Esse é um mito bem comum para iniciantes que são apresentados ao RPG tradicional e esquecem que o RPG é muito mais do que aquilo. A verdade é que para jogar rpg, eu só diria que dois fatores são realmente necessários: Criatividade e imaginação. Sem esses dois, não existe rpg, mas com os dois você cria a capacidade de viajar para qualquer mundo e viver qualquer história com seus amigos, possibilitando assim a prática do rpg.

O RPG é uma prática de pessoas anti-sociais

Essa é uma visão bem comum de pessoas de fora do ambiente de rpg, mas que em nada retrata a realidade. O rpg é uma prática social e isso fica claro para qualquer um que já jogou ou observou uma mesa de rpg. O rpg propicia a formação de laços a medida que os jogadores combatem desafios em conjunto e superam vários obstáculos como equipe, provando assim que essa afirmação não passa de mais um mito.

O mestre cria a história que todos devem seguir

Eu sou mestre e vejo que é bem comum esse pensamento em mestres novatos, eles se esforçam, criam histórias mirabolantes e maravilhosas, escrevem páginas e páginas e esperam que tudo saia como escrito. Mas não é assim que o rpg funciona, o rpg é um jogo colaborativo, as histórias devem ser escritas em conjunto pelo grupo, o papel do mestre é de guiar a história à medida que a constrói junto com o resto do grupo.

O RPG é apenas um jogo e não tem qualquer benefício

Essa é uma das mais comuns para pessoas que tem um certo preconceito com o hobby, mas ela é totalmente falsa. O rpg é uma prática sócio-educativa que pode ser utilizada em inúmeros ambientes e propiciando vários benefícios. De transmitir conteúdo de forma imersiva à criar laços entre pessoas e incentivar práticas como a leitura, o rpg se demonstra como uma ótima escolha quando o assunto é causar impacto, mesmo que pequeno, na vida de pessoas.
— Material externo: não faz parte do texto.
-- ===== src/Base/Strings.antt =====
-- The string library that the plug-in is linked with (ovbase, a submodule), as an interface.
use Prim.Native.Nat.{ℕ, ◌+◌, ◌≤◌, ◌<◌}
use mathlib.Core.Path.{◌≡◌}
use mathlib.Core.List.{List, [], ◌∷◌, ◌++◌}
use mathlib.Core.Option.{Option, none, some}
use aviutl_psdtoolkit.Base.Lists.{Chars, HasNoNul, c_str, length, take, drop}
use aviutl_psdtoolkit.Base.Tests.{◌==◌, if◌then◌else◌}
use aviutl_psdtoolkit.Base.Effect.{Error, M, Meets}

-- `struct wstr` and `struct str`: a null pointer, or `len` characters with a NUL behind them.
abbrev pub Wstr : Type 0
Wstr = Option Chars

abbrev pub concat : List Chars → Chars
concat [] = []
concat (s ∷ ss) = c_str s ++ concat ss

-- A pointer argument of the C function is the memory that it points to, up to the last character
-- before the final NUL. What is returned is the new content of the destination. `apush` makes room
-- for one more element of a growing array.
pub record Ovstr (W : Type 0) : Type 0 where
  pub sgrow : ℕ → M W (Unit {0})
  pub apush : M W (Unit {0})
  pub scpy : Chars → M W Chars
  pub sncpy : Chars → ℕ → M W Chars
  pub scpym : List Chars → M W Chars
  pub scatm : Chars → List Chars → M W Chars
  pub sstr : Chars → Chars → M W (Option ℕ)
  pub sreplace_all : Chars → Chars → Chars → M W Chars

-- `t` stands in `s` at `p`.
abbrev pub OccursAt : Chars → Chars → ℕ → Type 0
OccursAt t s p = (p + length t ≤ length s) × (take (length t) (drop p s) ≡ t)

-- The position that a search reports is the first; none is reported only if there is none.
abbrev pub FirstAt : Chars → Chars → Option ℕ → Type 0
FirstAt t s none = (p : ℕ) → ¬ OccursAt t s p
FirstAt t s (some p) = OccursAt t s p × ((q : ℕ) → q < p → ¬ OccursAt t s q)

-- Every `c` replaced by `new`.
abbrev pub replace_char : ℕ → Chars → Chars → Chars
replace_char c new [] = []
replace_char c new (d ∷ s) = (if d == c then new else d ∷ []) ++ replace_char c new s

-- What the library documents, with `E` for the errors that its calls may end in.
pub record OvstrLaws {W : Type 0} (lib : Ovstr W) (E : Error → Type 0) : Type 0 where
  pub sgrow_lem : (n : ℕ) → Meets E (λ _. Unit {0}) (lib.sgrow n)
  pub apush_lem : Meets E (λ _. Unit {0}) lib.apush
  pub scpy_lem : (s : Chars) → Meets E (λ d. d ≡ c_str s) (lib.scpy s)
  pub sncpy_lem : (s : Chars) (n : ℕ) → Meets E (λ d. d ≡ take n s) (lib.sncpy s n)
  pub scpym_lem : (ss : List Chars) → Meets E (λ d. d ≡ concat ss) (lib.scpym ss)
  pub sstr_lem : (s t : Chars) → HasNoNul s → HasNoNul t → Meets E (FirstAt t s) (lib.sstr s t)
  pub scatm_lem : (s : Chars) (ss : List Chars) → Meets E (λ d. d ≡ s ++ concat ss) (lib.scatm s ss)
  pub sreplace_all_lem :
      (s : Chars) (c : ℕ) (new : Chars)
      → HasNoNul s
      → Meets E (λ d. d ≡ replace_char c new s) (lib.sreplace_all s (c ∷ []) new)
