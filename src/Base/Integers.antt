-- ===== src/Base/Integers.antt =====
-- Integers over the native numbers, for the coordinates of windows.
use Prim.Native.Nat.{ℕ, zero, suc, ◌+◌, ◌-◌, ◌/◌}
use mathlib.Core.Path.{◌≡◌, refl}
use mathlib.Core.Bool.{Bool, true, false}
use native.Mathlib.Omega.{arith}
use aviutl_psdtoolkit.Base.Tests.{ltb, leb, if◌then◌else◌}

-- `negsuc n` is -(n + 1).
pub data ℤ : Type 0 where
  pos negsuc : ℕ → ℤ

-- `a - b`
abbrev pub difference : ℕ → ℕ → ℤ
difference a b = if leb b a then pos (a - b) else negsuc (b - a - 1)

infixl 40 ◌+ℤ◌ ◌-ℤ◌
abbrev pub ◌+ℤ◌ : ℤ → ℤ → ℤ
pos a +ℤ pos b = pos (a + b)
pos a +ℤ negsuc b = difference a (b + 1)
negsuc a +ℤ pos b = difference b (a + 1)
negsuc a +ℤ negsuc b = negsuc (a + b + 1)

abbrev pub opposite : ℤ → ℤ
opposite (pos zero) = pos 0
opposite (pos (suc n)) = negsuc n
opposite (negsuc n) = pos (n + 1)

abbrev pub ◌-ℤ◌ : ℤ → ℤ → ℤ
a -ℤ b = a +ℤ opposite b

abbrev pub ltℤ : ℤ → ℤ → Bool
ltℤ (pos a) (pos b) = ltb a b
ltℤ (pos a) (negsuc b) = false
ltℤ (negsuc a) (pos b) = true
ltℤ (negsuc a) (negsuc b) = ltb b a

-- `a / 2` in C, which rounds towards 0.
abbrev pub half : ℤ → ℤ
half (pos a) = pos (a / 2)
half (negsuc a) = opposite (pos ((a + 1) / 2))

pub ltℤ-asym : (a b : ℤ) → ltℤ a b ≡ true → ltℤ b a ≡ false
ltℤ-asym (pos a) (pos b) e = ground arith
ltℤ-asym (pos a) (negsuc b) e = absurd (cc)
ltℤ-asym (negsuc a) (pos b) e = refl
ltℤ-asym (negsuc a) (negsuc b) e = ground arith

-- What is not less is transitive.
pub ltℤ-trans : (a b c : ℤ) → ltℤ b a ≡ false → ltℤ c b ≡ false → ltℤ c a ≡ false
ltℤ-trans (pos a) (pos b) (pos c) e f = ground arith
ltℤ-trans (pos a) (pos b) (negsuc c) e f = absurd (cc)
ltℤ-trans (pos a) (negsuc b) c e f = absurd (cc)
ltℤ-trans (negsuc a) b (pos c) e f = refl
ltℤ-trans (negsuc a) (pos b) (negsuc c) e f = absurd (cc)
ltℤ-trans (negsuc a) (negsuc b) (negsuc c) e f = ground arith

-- Moving both changes no order.
pub ltℤ-shift : (a b c : ℤ) → ltℤ (a +ℤ c) (b +ℤ c) ≡ ltℤ a b
ltℤ-shift (pos a) (pos b) (pos c) = ground arith
ltℤ-shift (pos a) (pos b) (negsuc c) = ground arith
ltℤ-shift (pos a) (negsuc b) (pos c) = ground arith
ltℤ-shift (pos a) (negsuc b) (negsuc c) = ground arith
ltℤ-shift (negsuc a) (pos b) (pos c) = ground arith
ltℤ-shift (negsuc a) (pos b) (negsuc c) = ground arith
ltℤ-shift (negsuc a) (negsuc b) (pos c) = ground arith
ltℤ-shift (negsuc a) (negsuc b) (negsuc c) = ground arith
Existe um modo correto de se jogar rpg

Por mais que você goste de jogar favorecendo um fator ou outro, não existe uma forma certa de se jogar rpg. Seja interpretando, focando em combates, valorizando mais a história e imersão, causando confusão e atrapalhando o plano do mestre; o rpg não carrega uma fórmula que seja obrigada a seguir, a realidade é que se existe um modo certo de jogar rpg, esse é o modo que você gostar de jogar. Cada pessoa tem gostos e preferências diferentes, mas o objetivo da mesa e ressalto que prioridade do mestre, é conseguir unir essas inúmeras pessoas com gostos diferentes em uma história que consiga divertir e agradar a todos por igual. Afinal de contas, se não for divertido, não é rpg.
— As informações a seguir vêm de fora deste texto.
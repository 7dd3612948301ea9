-- ===== src/Base/Pigeons.antt =====
-- A list without repetitions whose numbers are below a bound is no longer than the bound.
use Prim.Native.Nat.{ℕ, zero, suc, ◌≤◌, ◌<◌}
use mathlib.Core.Path.{◌≡◌, refl, ap, subst}
use mathlib.Core.Logic.{◌≢◌, inl, inr}
use mathlib.Core.List.{List, [], ◌∷◌}
use native.Mathlib.Omega.{arith}
use aviutl_psdtoolkit.Base.Tests.{◌==◌, if◌then◌else◌, Bool-cases, ==_iff, ==_ne}
use aviutl_psdtoolkit.Base.Lists.{length, All}

abbrev pub Distinct : List ℕ → Type 0
Distinct [] = Unit
Distinct (x ∷ xs) = All (λ y. y ≢ x) xs × Distinct xs

below_suc : {x n : ℕ} → x ≢ n → x < suc n → x < n
below_suc h k = ground arith

without : ℕ → List ℕ → List ℕ
without n [] = []
without n (x ∷ xs) = if x == n then without n xs else x ∷ without n xs

without-absent : (n : ℕ) (l : List ℕ) → All (λ y. y ≢ n) l → without n l ≡ l
unfolding without
without-absent n [] h = refl
without-absent n (x ∷ xs) (h, k) = elim (Bool-cases (x == n)) [
  | inl e ↦ absurd (h ((==_iff x n).0 e))
  | inr e ↦ rw e (ap (◌∷◌ x) (without-absent n xs k))
]

without-All : (P : ℕ → Type 0) (n : ℕ) (l : List ℕ) → All P l → All P (without n l)
unfolding without
without-All P n [] h = h
without-All P n (x ∷ xs) (h, k) = elim (Bool-cases (x == n)) [
  | inl e ↦ rw e (without-All P n xs k)
  | inr e ↦ rw e (h, without-All P n xs k)
]

without-Distinct : (n : ℕ) (l : List ℕ) → Distinct l → Distinct (without n l)
unfolding without
without-Distinct n [] h = h
without-Distinct n (x ∷ xs) (h, k) = elim (Bool-cases (x == n)) [
  | inl e ↦ rw e (without-Distinct n xs k)
  | inr e ↦ rw e (without-All (λ y. y ≢ x) n xs h, without-Distinct n xs k)
]

without-length : (n : ℕ) (l : List ℕ) → Distinct l → length l ≤ suc (length (without n l))
unfolding without
without-length n [] h = omega arith
without-length n (x ∷ xs) (h, k) = elim (Bool-cases (x == n)) [
  | inl e ↦
      let same = without-absent n xs (subst (λ m. All (λ y. y ≢ m) xs) ((==_iff x n).0 e) h) in
      rw e (rw same (omega arith))
  | inr e ↦ rw e (omega (arith, without-length n xs k))
]

without-below : (n : ℕ) (l : List ℕ) → All (λ x. x < suc n) l → All (λ x. x < n) (without n l)
unfolding without
without-below n [] h = h
without-below n (x ∷ xs) (h, k) = elim (Bool-cases (x == n)) [
  | inl e ↦ rw e (without-below n xs k)
  | inr e ↦ rw e (below_suc (==_ne x n e) h, without-below n xs k)
]

pub length-le-bound : (n : ℕ) (l : List ℕ) → Distinct l → All (λ x. x < n) l → length l ≤ n
length-le-bound zero [] h k = omega arith
length-le-bound zero (x ∷ xs) h (k, l) = absurd (omega arith)
length-le-bound (suc n) l h k = omega (
  arith,
  without-length n l h,
  length-le-bound n (without n l) (without-Distinct n l h) (without-below n l k),
)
As regras do manual foram feitas para serem seguidas

Muitos iniciantes começam lendo os manuais e livros e pensam que para o funcionamento do rpg eles tem que seguir aquelas regras escritas ou o rpg não estará sendo jogado ou mestrado corretamente. Como mestre já me deparei muitas vezes com jogadores que chegaram a dizer que eu não sabia mestrar por eu não estar utilizando as regras tais quais o livro dita. Mas a questão é que o manual de qualquer rpg não serve para dizer como se joga ou mestra um rpg, mas sim para fornecer uma base com ideias e sugestões, quem decide como o rpg realmente vai acontecer é o mestre. As chamadas “House Rules” nada mais são do que adaptações de mestres para regras que eles não irão utilizar como escritas por um fator ou outro, ás vezes por serem complicadas, ás vezes por gosto ou qualquer outro motivo que o mestre julgar ser suficiente.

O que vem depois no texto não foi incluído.